The number of reported failures during the second 50 hour segment is quite high in comparison to the number of failures reported in the other segments. A quick investigation reveled that a number of new data collectors were assigned to the project during that period. It was also discovered that considerable design changes were made during this period involving the removal of a large number of parts. It is possible that these removals, which were not failures, were incorrectly reported as failed parts. Based on knowledge of the system and test program, it was clear that a quantity of actual system failures this large was extremely unlikely. The consensus was that this anomaly was due to reporting failures inconsistently with the failure definition used throughout the program. It was decided that the actual number of failures over this month would be assumed, for this analysis, to be unknown but consistent with the remaining data and the Crow-AMSAA reliability model.
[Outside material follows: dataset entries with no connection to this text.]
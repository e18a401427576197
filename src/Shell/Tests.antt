-- ===== src/Shell/Tests.antt =====
-- Launch scripts at concrete commands.
use microsanbox_cloud.Text.{join, trim}
use microsanbox_cloud.Prelude.{◌≡◌, refl, List, [], ◌∷◌, ◌++◌, some, Text, codes, false}
use microsanbox_cloud.Shell.{quote, to_shell_command, build_launch_script, is_plain}
use microsanbox_cloud.Shell.Words.{words, between}
use microsanbox_cloud.Shell.Quoting.{to_shell_command-words}

-- The command `node` with the argument `it's $HOME; rm`.
abbrev tricky : List Text
tricky = codes "node" ∷ (codes "it" ++ (quote ∷ codes "s $HOME; rm")) ∷ []

tricky_script :
    build_launch_script (some (codes "ls" ∷ codes "-l" ∷ [])) (some (codes " /srv/app ")) false
    ≡ codes "set -eu"
      ++ (10 ∷ codes "cd /srv/app")
      ++ (10 ∷ codes "ls -l >/tmp/microsandbox-app.log 2>&1 </dev/null &")
      ++ (10 ∷ codes "sleep 0.5")
unfolding build_launch_script join trim
tricky_script = refl

to_shell_command-words_example :
    (words between (to_shell_command tricky) ≡ some tricky)
    × (words between (to_shell_command tricky ++ 32 ∷ codes "-v")
        ≡ some (tricky ++ codes "-v" ∷ []))
unfolding words is_plain
to_shell_command-words_example = to_shell_command-words tricky (codes "-v" ∷ []) (codes "-v") refl
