-- ===== src/Ssh/Entries.antt =====
-- The map of the session service: `set`, `get` and `delete` of a JavaScript Map with text keys.
use microsanbox_cloud.Prelude.{
  ℕ, ◌≡◌, refl, not, List, [], ◌∷◌, Option, none, some, Text, text_eq, text_eq_refl, keep,
  if◌then◌else◌, Bool-cases, inl, inr,
}

pub record SessionEntry : Type 0 where
  pub sandbox_id : Text
  pub host_port : ℕ
  pub expires_at : ℕ

unfoldable pub entry_of : Text → List (Text × SessionEntry) → Option SessionEntry
entry_of key [] = none
entry_of key ((k, e) ∷ entries) = if text_eq k key then some e else entry_of key entries

unfoldable pub set : Text → SessionEntry → List (Text × SessionEntry) → List (Text × SessionEntry)
set key entry [] = (key, entry) ∷ []
set key entry ((k, e) ∷ entries) =
    if text_eq k key then (k, entry) ∷ entries else (k, e) ∷ set key entry entries

unfoldable pub delete_entry : Text → List (Text × SessionEntry) → List (Text × SessionEntry)
delete_entry key entries = keep (λ e. not (text_eq e.0 key)) entries

pub entry_of-set :
    (key : Text) (entry : SessionEntry) (entries : List (Text × SessionEntry))
    → entry_of key (set key entry entries) ≡ some entry
unfolding entry_of set
entry_of-set key entry [] = rw (text_eq_refl key) refl
entry_of-set key entry ((k, e) ∷ entries) = elim (Bool-cases (text_eq k key)) [
  | inl f ↦ rw (f, f) refl
  | inr f ↦ rw (f, f) (entry_of-set key entry entries)
]

pub entry_of-delete_entry :
    (key : Text) (entries : List (Text × SessionEntry))
    → entry_of key (delete_entry key entries) ≡ none
unfolding entry_of delete_entry
entry_of-delete_entry key [] = refl
entry_of-delete_entry key ((k, e) ∷ entries) = elim (Bool-cases (text_eq k key)) [
  | inl f ↦ rw f (entry_of-delete_entry key entries)
  | inr f ↦ rw (f, f) (entry_of-delete_entry key entries)
]
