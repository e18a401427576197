-- ===== src/Ssh.antt =====
-- apps/cloud-api/src/ssh/session.service.ts: the tokens that open an SSH session, in a map in
-- memory under their hashes, and the table of the revoked ones. The hash is a parameter.
pub mod Entries
pub mod Validity
pub mod Revocation
pub mod Routes
pub mod Opening
mod Tests
use microsanbox_cloud.Prelude.{
  ℕ, ◌+◌, ◌*◌, Bool, true, false, not, ◌||◌, List, [], ◌∷◌, Option, none, some, Text, text_eq, ltb,
  any, keep, if◌then◌else◌,
}
use microsanbox_cloud.Ssh.Entries.{SessionEntry, set, entry_of, delete_entry}

-- The service: the map, and the table of revoked tokens.
pub record Sessions : Type 0 where
  pub entries : List (Text × SessionEntry)
  pub revoked : List Text

-- `Date.now() > entry.expiresAt`
unfoldable pub is_expired : ℕ → SessionEntry → Bool
is_expired now entry = ltb entry.expires_at now

unfoldable pub prune_expired : ℕ → Sessions → Sessions
prune_expired now s = record s { entries = keep (λ e. not (is_expired now e.1)) s.entries }

unfoldable pub is_revoked : Text → Sessions → Bool
is_revoked key s = any (text_eq key) s.revoked

-- How long a session lasts, in milliseconds: the given minutes, or the configured seconds.
unfoldable pub expiry_ms : ℕ → Option ℕ → ℕ
expiry_ms ttl_seconds none = ttl_seconds * 1000
expiry_ms ttl_seconds (some minutes) = minutes * 60 * 1000

module _ (hash : Text → Text) where
  -- `token` is the random text, `now` is read by the call of `pruneExpired` and `later` after it.
  unfoldable pub create_session :
      ℕ → ℕ → ℕ → Text → Text → ℕ → Option ℕ → Sessions → (Text × SessionEntry) × Sessions
  unfolding prune_expired expiry_ms set
  create_session ttl_seconds now later token sandbox_id host_port minutes s =
      let pruned = prune_expired now s in
      let entry : SessionEntry = record {
        sandbox_id = sandbox_id;
        host_port = host_port;
        expires_at = later + expiry_ms ttl_seconds minutes;
      } in
      ((token, entry), record pruned { entries = set (hash token) entry pruned.entries })

  -- What `validateSession` does with the entry that it finds.
  unfoldable pub validate_entry :
      ℕ → Text → Option SessionEntry → Sessions → Option SessionEntry × Sessions
  unfolding is_expired delete_entry
  validate_entry now key none s = (none, s)
  validate_entry now key (some entry) s =
      if is_expired now entry
      then (none, record s { entries = delete_entry key s.entries })
      else (some entry, s)

  unfoldable pub validate_session : ℕ → Text → Sessions → Option SessionEntry × Sessions
  unfolding is_revoked validate_entry entry_of
  validate_session now token s =
      if is_revoked (hash token) s
      then (none, s)
      else validate_entry now (hash token) (entry_of (hash token) s.entries) s

  -- The hash is a unique column: a token that is revoked already is refused. `refused` says that
  -- the table does not take the row for another reason.
  unfoldable pub revoke_session : Bool → Text → Sessions → Bool × Sessions
  unfolding is_revoked delete_entry
  revoke_session refused token s =
      let removed = record s { entries = delete_entry (hash token) s.entries } in
      if refused || is_revoked (hash token) removed
      then (false, removed)
      else (true, record removed { revoked = hash token ∷ removed.revoked })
Considering the 50 hour to 100 hour interval as a problem interval and treating it as gap interval, the analysis was repeated. In RGA, the gap is set by entering the beginning time and ending time in the Gap Interval frame on the Analysis page of the control panel, as shown next.

The new Crow-AMSAA parameters and demonstrated MTBF are.

 β =  0.8774 λ = 0.1381 MTBF = 16.6184

The next figure shows a plot of the cumulative number of failures versus time. This plot indicates a good fit of the model.

Comment:

Note that the mere fact that the model does not fit the data well is not justification to eliminate some of the data from the analysis. Engineering explanations need to be made to justify the use of gap analysis. In the above example, such investigations made the elimination of some of the data justifiable.